_TRY IT_.
Print verbatim the lines of the entries from the one containing "write_result f (err e, c) = (err e, c)" to the last, inclusive, and no others.

━━ THE INPUT

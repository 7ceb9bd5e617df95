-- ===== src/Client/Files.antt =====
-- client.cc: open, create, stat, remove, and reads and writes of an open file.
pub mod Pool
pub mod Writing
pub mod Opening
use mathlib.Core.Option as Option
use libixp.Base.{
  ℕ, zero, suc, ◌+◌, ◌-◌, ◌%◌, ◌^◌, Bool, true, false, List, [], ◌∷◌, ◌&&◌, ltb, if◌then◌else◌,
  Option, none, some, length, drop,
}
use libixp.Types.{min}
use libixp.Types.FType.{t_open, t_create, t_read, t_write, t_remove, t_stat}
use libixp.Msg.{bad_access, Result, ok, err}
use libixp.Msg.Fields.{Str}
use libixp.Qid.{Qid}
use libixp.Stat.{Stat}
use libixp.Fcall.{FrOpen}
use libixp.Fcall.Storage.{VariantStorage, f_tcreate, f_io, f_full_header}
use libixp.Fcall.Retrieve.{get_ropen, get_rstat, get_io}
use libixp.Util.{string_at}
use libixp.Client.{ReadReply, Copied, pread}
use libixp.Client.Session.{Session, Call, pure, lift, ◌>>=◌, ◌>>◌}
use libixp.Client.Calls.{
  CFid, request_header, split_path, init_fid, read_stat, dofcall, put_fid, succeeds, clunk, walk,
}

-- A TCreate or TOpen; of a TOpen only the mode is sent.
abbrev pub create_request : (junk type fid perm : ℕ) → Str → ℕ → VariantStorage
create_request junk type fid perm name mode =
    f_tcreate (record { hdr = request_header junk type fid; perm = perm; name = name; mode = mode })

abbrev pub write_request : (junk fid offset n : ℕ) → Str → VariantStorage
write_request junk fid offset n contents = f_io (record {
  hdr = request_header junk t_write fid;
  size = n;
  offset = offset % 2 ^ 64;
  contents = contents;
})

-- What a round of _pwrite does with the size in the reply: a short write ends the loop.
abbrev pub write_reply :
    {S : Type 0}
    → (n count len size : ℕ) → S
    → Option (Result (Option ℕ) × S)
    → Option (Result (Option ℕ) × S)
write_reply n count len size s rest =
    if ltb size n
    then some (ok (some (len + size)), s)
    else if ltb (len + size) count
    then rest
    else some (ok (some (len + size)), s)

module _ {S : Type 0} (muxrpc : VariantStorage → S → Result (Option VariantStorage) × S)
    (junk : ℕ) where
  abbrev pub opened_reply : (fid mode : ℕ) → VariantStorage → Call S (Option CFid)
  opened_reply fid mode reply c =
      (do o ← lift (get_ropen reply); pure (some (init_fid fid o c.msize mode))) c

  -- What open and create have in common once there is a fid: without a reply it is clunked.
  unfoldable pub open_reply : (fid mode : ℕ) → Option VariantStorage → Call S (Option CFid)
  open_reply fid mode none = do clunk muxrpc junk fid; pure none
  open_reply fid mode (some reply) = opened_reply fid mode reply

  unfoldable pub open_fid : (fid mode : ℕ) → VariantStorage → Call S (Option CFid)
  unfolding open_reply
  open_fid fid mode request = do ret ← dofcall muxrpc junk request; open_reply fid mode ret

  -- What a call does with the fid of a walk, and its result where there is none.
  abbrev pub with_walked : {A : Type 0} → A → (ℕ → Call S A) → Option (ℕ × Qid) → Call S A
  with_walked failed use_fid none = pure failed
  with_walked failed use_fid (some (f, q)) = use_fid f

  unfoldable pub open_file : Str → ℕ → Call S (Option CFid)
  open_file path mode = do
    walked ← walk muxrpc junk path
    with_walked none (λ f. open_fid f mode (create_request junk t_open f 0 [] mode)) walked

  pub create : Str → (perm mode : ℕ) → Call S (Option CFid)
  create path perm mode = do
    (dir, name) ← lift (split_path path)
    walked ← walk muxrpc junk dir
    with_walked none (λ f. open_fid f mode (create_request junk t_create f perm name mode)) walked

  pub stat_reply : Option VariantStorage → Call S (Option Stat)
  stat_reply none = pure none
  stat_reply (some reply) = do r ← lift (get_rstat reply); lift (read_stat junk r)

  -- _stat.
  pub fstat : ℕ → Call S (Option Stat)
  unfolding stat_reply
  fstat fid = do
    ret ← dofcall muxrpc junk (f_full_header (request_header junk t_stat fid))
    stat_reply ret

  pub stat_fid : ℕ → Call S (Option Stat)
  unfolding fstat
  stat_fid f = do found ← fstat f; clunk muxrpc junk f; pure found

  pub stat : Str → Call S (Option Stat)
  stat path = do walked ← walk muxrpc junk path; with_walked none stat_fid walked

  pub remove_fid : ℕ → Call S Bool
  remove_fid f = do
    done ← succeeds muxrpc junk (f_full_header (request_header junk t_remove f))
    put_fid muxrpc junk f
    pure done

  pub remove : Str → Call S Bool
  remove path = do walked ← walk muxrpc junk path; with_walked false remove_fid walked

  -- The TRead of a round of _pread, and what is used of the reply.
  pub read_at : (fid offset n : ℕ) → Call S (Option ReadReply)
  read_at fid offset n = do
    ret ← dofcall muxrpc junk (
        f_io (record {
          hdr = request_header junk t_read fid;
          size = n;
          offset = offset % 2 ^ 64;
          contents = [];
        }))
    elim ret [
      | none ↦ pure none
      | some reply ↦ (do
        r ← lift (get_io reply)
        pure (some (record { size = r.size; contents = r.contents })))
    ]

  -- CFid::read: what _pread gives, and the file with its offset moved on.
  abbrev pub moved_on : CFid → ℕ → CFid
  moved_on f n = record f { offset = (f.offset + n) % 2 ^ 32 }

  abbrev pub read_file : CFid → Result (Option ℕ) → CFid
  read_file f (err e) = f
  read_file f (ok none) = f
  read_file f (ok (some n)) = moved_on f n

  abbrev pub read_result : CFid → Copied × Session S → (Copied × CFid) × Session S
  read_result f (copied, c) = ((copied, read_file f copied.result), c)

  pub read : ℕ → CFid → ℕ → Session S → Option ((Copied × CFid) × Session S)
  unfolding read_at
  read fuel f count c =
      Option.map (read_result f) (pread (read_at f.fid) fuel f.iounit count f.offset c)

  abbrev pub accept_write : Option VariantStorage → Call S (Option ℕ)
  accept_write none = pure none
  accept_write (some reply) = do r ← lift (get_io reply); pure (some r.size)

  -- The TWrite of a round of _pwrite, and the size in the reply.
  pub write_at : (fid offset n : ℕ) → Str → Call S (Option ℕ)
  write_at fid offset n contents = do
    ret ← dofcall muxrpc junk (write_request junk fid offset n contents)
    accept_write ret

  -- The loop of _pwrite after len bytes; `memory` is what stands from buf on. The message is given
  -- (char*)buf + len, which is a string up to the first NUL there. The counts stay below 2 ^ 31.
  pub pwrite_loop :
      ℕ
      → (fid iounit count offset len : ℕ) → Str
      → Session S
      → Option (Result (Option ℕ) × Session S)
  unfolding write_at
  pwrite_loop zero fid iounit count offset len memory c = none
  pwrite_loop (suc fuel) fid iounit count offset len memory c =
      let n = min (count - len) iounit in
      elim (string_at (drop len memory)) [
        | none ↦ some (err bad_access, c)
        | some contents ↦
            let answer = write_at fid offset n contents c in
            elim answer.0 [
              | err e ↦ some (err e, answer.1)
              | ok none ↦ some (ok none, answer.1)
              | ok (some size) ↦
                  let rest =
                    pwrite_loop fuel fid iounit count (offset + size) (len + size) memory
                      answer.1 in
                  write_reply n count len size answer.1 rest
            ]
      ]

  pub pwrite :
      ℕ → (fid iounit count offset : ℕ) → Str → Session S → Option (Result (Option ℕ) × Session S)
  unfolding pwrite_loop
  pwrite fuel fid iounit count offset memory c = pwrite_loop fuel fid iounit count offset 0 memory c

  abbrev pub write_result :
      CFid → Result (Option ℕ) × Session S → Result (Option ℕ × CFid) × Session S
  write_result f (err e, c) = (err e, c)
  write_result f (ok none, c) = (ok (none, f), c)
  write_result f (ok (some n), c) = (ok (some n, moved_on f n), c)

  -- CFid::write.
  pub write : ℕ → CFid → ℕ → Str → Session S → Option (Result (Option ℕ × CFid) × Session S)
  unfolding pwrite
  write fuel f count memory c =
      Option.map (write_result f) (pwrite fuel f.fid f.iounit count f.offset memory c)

━━━━

_ANSWER TO THE EXERCISE_.
  write_result f (err e, c) = (err e, c)
  write_result f (ok none, c) = (ok (none, f), c)
  write_result f (ok (some n), c) = (ok (some n, moved_on f n), c)

  -- CFid::write.
  pub write : ℕ → CFid → ℕ → Str → Session S → Option (Result (Option ℕ × CFid) × Session S)
  unfolding pwrite
  write fuel f count memory c =
      Option.map (write_result f) (pwrite fuel f.fid f.iounit count f.offset memory c)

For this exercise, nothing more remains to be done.